=== Begin Enclosure ===

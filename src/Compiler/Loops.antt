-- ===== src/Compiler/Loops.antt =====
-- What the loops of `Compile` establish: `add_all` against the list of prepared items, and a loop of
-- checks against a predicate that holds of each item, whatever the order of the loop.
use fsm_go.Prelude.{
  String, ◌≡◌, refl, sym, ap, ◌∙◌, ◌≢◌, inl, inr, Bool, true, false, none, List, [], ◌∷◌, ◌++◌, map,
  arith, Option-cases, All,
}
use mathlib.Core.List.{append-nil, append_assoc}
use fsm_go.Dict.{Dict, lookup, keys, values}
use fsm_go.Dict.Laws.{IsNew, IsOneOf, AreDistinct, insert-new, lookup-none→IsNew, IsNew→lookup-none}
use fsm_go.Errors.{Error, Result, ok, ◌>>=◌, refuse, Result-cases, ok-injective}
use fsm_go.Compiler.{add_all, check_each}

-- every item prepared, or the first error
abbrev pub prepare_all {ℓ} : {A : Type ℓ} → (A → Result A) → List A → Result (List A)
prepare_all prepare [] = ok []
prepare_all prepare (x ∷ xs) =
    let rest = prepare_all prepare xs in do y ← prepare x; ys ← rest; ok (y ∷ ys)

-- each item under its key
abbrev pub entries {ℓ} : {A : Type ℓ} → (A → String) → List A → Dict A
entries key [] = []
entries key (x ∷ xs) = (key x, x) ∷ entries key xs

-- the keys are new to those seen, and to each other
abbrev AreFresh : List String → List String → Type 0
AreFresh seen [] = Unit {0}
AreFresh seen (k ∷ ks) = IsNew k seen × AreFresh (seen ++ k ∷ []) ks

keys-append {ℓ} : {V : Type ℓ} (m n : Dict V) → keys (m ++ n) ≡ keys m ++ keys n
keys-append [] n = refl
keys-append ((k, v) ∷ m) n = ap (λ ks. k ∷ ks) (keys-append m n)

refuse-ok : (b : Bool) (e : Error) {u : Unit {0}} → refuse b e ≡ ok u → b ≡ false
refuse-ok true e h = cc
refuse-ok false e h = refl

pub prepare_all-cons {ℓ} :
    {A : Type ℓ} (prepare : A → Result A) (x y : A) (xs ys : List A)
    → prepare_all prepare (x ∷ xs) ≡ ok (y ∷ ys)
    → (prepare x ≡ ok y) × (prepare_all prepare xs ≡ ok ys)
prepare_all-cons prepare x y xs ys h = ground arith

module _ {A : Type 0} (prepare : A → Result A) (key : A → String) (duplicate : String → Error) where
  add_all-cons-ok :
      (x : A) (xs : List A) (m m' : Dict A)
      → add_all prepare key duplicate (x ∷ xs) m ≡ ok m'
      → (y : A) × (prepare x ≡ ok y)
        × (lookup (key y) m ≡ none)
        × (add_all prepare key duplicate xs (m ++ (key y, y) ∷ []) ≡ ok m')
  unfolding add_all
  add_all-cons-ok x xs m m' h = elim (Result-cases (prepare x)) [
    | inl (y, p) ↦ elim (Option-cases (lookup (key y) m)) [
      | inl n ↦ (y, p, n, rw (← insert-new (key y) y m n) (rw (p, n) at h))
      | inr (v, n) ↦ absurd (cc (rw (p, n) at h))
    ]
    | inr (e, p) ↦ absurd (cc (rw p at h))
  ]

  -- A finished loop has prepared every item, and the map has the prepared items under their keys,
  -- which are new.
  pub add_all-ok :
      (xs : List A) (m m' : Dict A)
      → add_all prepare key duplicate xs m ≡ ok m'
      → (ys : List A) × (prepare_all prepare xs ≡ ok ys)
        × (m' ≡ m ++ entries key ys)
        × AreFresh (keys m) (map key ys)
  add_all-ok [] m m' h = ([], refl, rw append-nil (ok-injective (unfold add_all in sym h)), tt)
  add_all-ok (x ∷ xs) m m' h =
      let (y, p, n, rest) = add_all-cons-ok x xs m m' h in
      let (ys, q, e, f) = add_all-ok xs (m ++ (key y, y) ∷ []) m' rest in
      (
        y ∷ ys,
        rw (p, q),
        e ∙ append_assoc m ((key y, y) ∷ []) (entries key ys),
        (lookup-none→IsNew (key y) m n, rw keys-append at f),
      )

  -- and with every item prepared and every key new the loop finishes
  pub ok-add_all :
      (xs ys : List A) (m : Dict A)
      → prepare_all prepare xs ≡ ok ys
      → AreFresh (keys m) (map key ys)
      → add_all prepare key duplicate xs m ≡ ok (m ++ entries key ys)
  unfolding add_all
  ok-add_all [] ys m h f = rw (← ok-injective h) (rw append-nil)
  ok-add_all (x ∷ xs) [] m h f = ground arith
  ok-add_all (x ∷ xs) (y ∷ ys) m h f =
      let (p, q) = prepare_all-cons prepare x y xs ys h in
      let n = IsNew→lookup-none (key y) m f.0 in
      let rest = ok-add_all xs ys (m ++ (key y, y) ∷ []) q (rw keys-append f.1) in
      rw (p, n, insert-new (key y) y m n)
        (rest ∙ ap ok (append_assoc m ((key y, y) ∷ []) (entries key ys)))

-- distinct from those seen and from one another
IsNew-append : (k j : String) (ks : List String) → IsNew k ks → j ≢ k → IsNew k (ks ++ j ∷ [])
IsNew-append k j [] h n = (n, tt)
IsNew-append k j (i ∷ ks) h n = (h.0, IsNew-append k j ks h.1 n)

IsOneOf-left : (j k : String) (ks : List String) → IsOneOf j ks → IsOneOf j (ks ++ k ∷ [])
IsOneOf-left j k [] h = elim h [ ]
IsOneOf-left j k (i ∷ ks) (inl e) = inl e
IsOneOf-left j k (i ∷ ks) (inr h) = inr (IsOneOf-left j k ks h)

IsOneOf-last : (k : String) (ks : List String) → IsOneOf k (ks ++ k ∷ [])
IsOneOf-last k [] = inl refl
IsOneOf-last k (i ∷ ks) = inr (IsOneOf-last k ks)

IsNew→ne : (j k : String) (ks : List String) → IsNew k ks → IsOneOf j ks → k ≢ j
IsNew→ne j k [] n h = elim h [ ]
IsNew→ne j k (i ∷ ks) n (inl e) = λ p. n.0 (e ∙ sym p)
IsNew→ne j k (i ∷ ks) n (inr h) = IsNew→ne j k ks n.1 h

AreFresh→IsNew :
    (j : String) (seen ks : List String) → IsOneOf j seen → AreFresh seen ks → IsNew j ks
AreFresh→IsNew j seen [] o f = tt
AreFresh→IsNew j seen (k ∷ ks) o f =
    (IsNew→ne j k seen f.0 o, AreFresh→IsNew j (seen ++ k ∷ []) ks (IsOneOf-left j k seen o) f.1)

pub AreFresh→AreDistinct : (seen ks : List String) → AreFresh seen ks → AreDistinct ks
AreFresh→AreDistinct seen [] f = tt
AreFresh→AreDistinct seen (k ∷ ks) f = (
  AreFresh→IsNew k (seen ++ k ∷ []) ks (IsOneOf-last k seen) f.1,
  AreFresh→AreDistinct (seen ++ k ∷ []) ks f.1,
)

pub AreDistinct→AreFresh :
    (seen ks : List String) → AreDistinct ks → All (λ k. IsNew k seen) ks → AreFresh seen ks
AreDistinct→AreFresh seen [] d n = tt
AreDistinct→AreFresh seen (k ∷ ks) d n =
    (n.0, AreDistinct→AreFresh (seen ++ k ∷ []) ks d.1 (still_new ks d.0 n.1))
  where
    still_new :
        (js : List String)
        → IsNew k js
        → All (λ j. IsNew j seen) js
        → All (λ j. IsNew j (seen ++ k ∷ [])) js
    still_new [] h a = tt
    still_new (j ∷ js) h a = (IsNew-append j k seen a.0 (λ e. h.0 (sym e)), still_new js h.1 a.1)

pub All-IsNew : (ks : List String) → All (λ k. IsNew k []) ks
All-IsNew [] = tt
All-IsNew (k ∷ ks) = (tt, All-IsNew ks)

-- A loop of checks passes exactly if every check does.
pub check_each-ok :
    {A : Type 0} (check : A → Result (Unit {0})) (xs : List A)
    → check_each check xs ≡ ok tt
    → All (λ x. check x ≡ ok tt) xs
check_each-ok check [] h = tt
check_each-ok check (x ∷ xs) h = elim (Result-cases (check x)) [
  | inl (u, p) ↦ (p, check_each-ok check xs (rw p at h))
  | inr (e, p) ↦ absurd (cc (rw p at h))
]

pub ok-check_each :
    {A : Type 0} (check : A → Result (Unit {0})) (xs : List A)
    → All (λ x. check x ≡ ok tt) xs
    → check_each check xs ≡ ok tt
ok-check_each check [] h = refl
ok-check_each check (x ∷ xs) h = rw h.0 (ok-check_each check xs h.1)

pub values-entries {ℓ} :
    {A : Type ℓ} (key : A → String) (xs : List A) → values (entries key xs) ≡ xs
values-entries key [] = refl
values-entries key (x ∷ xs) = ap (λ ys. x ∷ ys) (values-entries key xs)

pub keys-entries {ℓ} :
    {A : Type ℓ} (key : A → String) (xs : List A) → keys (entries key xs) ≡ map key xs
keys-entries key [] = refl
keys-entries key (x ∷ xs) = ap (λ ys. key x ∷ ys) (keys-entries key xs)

=== End Enclosure ===

● **Prompt**:
Beginning with the line containing "refuse-ok : (b" in the material above, copy every line exactly until you have copied the line containing "e ∙ append_assoc".

● **Written response**:
refuse-ok : (b : Bool) (e : Error) {u : Unit {0}} → refuse b e ≡ ok u → b ≡ false
refuse-ok true e h = cc
refuse-ok false e h = refl

pub prepare_all-cons {ℓ} :
    {A : Type ℓ} (prepare : A → Result A) (x y : A) (xs ys : List A)
    → prepare_all prepare (x ∷ xs) ≡ ok (y ∷ ys)
    → (prepare x ≡ ok y) × (prepare_all prepare xs ≡ ok ys)
prepare_all-cons prepare x y xs ys h = ground arith

module _ {A : Type 0} (prepare : A → Result A) (key : A → String) (duplicate : String → Error) where
  add_all-cons-ok :
      (x : A) (xs : List A) (m m' : Dict A)
      → add_all prepare key duplicate (x ∷ xs) m ≡ ok m'
      → (y : A) × (prepare x ≡ ok y)
        × (lookup (key y) m ≡ none)
        × (add_all prepare key duplicate xs (m ++ (key y, y) ∷ []) ≡ ok m')
  unfolding add_all
  add_all-cons-ok x xs m m' h = elim (Result-cases (prepare x)) [
    | inl (y, p) ↦ elim (Option-cases (lookup (key y) m)) [
      | inl n ↦ (y, p, n, rw (← insert-new (key y) y m n) (rw (p, n) at h))
      | inr (v, n) ↦ absurd (cc (rw (p, n) at h))
    ]
    | inr (e, p) ↦ absurd (cc (rw p at h))
  ]

  -- A finished loop has prepared every item, and the map has the prepared items under their keys,
  -- which are new.
  pub add_all-ok :
      (xs : List A) (m m' : Dict A)
      → add_all prepare key duplicate xs m ≡ ok m'
      → (ys : List A) × (prepare_all prepare xs ≡ ok ys)
        × (m' ≡ m ++ entries key ys)
        × AreFresh (keys m) (map key ys)
  add_all-ok [] m m' h = ([], refl, rw append-nil (ok-injective (unfold add_all in sym h)), tt)
  add_all-ok (x ∷ xs) m m' h =
      let (y, p, n, rest) = add_all-cons-ok x xs m m' h in
      let (ys, q, e, f) = add_all-ok xs (m ++ (key y, y) ∷ []) m' rest in
      (
        y ∷ ys,
        rw (p, q),
        e ∙ append_assoc m ((key y, y) ∷ []) (entries key ys),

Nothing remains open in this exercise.